==== DATA TO EXAMINE ====
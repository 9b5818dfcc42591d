-- ===== src/Actions/Restore.antt =====
-- internal/action/engine.go: the return of one object to its original path.
pub mod Effects
pub mod Returned
pub mod Occupied
use workspace_janitor.Prelude.{
  String, not, ◌&&◌, Option, none, some, [], ◌∷◌, concat, str_eq, is_some, if◌then◌else◌,
}
use workspace_janitor.Prelude.Filepath.{dir}
use workspace_janitor.Core.Cleanup
use workspace_janitor.Core.Cleanup.{CleanupItem, CleanupState, prepared, quarantined, restored}
use workspace_janitor.Actions.{System, Engine, Machine, Outcome, answer_error}
use workspace_janitor.Actions.Paths.{is_object, is_missing, absent, same_filesystem, wrap}
use workspace_janitor.Actions.Rename.{sync_dir}
use workspace_janitor.Actions.Journal.{stop, done, with_state, save, investigate_item, link_error}
use workspace_janitor.Actions.Move.{after_call, unless, move_object}
use workspace_janitor.Actions.Reconcile.{reconcile}

-- `%v` of an error that may be nil.
error_value : Option String → String
error_value none = "<nil>"
error_value (some e) = e

wrap_option : String → Option String → Option String
wrap_option prefix none = none
wrap_option prefix (some e) = some (wrap prefix e)

module _ {F : Type 0} (sys : System F) (eng : Engine) where
  pub restore_prepared : CleanupItem → Machine F → Outcome F
  unfolding error_value wrap_option unless with_state
  restore_prepared item m =
      let src = sys.lstat m.files item.source in
      if not (is_object src item.entry.filesystem_id)
      then stop item (concat ("prepared source changed: " ∷ error_value (answer_error src) ∷ [])) m
      else unless sys item m
          (wrap_option "prepared destination is occupied" (absent sys m.files item.destination))
          (save sys (with_state restored (sys.now m.files) item) prepared m)

  -- The journal write after the rename back.
  restored_sync : CleanupItem → CleanupState → Machine F → Outcome F
  unfolding after_call with_state
  restored_sync item before m =
      after_call sys item m (sync_dir sys m.files (dir item.source))
        (λ m1. save sys (with_state restored (sys.now m1.files) item) before m1)

  move_back : CleanupItem → CleanupState → Machine F → Outcome F
  unfolding after_call unless restored_sync
  move_back item before m = unless sys item m (link_error sys m.files item item.destination) (
      after_call sys item m
        (move_object sys eng m.files item item.destination item.source item.entry.filesystem_id)
        (restored_sync item before))

  restore_object : CleanupItem → CleanupState → Machine F → Outcome F
  unfolding unless move_back wrap_option
  restore_object item before m =
      unless sys item m (wrap_option "occupied original source" (absent sys m.files item.source)) (
        unless sys item m (same_filesystem sys m.files item.destination (dir item.source)) (
          if not (is_object (sys.lstat m.files item.destination) item.entry.filesystem_id)
          then (if str_eq before Cleanup.investigate
              then stop item "investigated object disappeared or changed identity" m
              else investigate_item sys item "quarantined object disappeared or changed identity" m)
          else move_back item before m))

  -- An investigated object that is back at its source already.
  pub restore_found : CleanupItem → Machine F → Outcome F
  unfolding unless with_state
  restore_found item m =
      unless sys item m (link_error sys m.files item item.source)
        (save sys (with_state restored (sys.now m.files) item) item.state m)

  restore_recoverable : CleanupItem → Machine F → Outcome F
  unfolding restore_found restore_object
  restore_recoverable item m =
      if str_eq item.state Cleanup.investigate
        && is_object (sys.lstat m.files item.source) item.entry.filesystem_id
        && is_missing (sys.lstat m.files item.destination)
      then restore_found item m
      else restore_object item item.state m

  restore_state : CleanupItem → Machine F → Outcome F
  unfolding restore_prepared restore_recoverable
  restore_state item m =
      if str_eq item.state restored
      then done item m
      else if str_eq item.state prepared
      then restore_prepared item m
      else if not (str_eq item.state quarantined) && not (str_eq item.state Cleanup.investigate)
      then stop item (concat (item.action_id ∷ " is " ∷ item.state ∷ ", not recoverable" ∷ [])) m
      else restore_recoverable item m

  -- An error of the reconciliation stops it, unless the item is under investigation.
  unfoldable pub restore : CleanupItem → Machine F → Outcome F
  unfolding restore_state
  restore item m =
      let o = reconcile sys eng item m in
      if is_some o.error && not (str_eq o.item.state Cleanup.investigate)
      then o
      else restore_state o.item o.machine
====
* _ASSIGNMENT_: Work out how many lines of the material include "Core", then report only that count.

* _OUTPUT OF THE TASK_: 2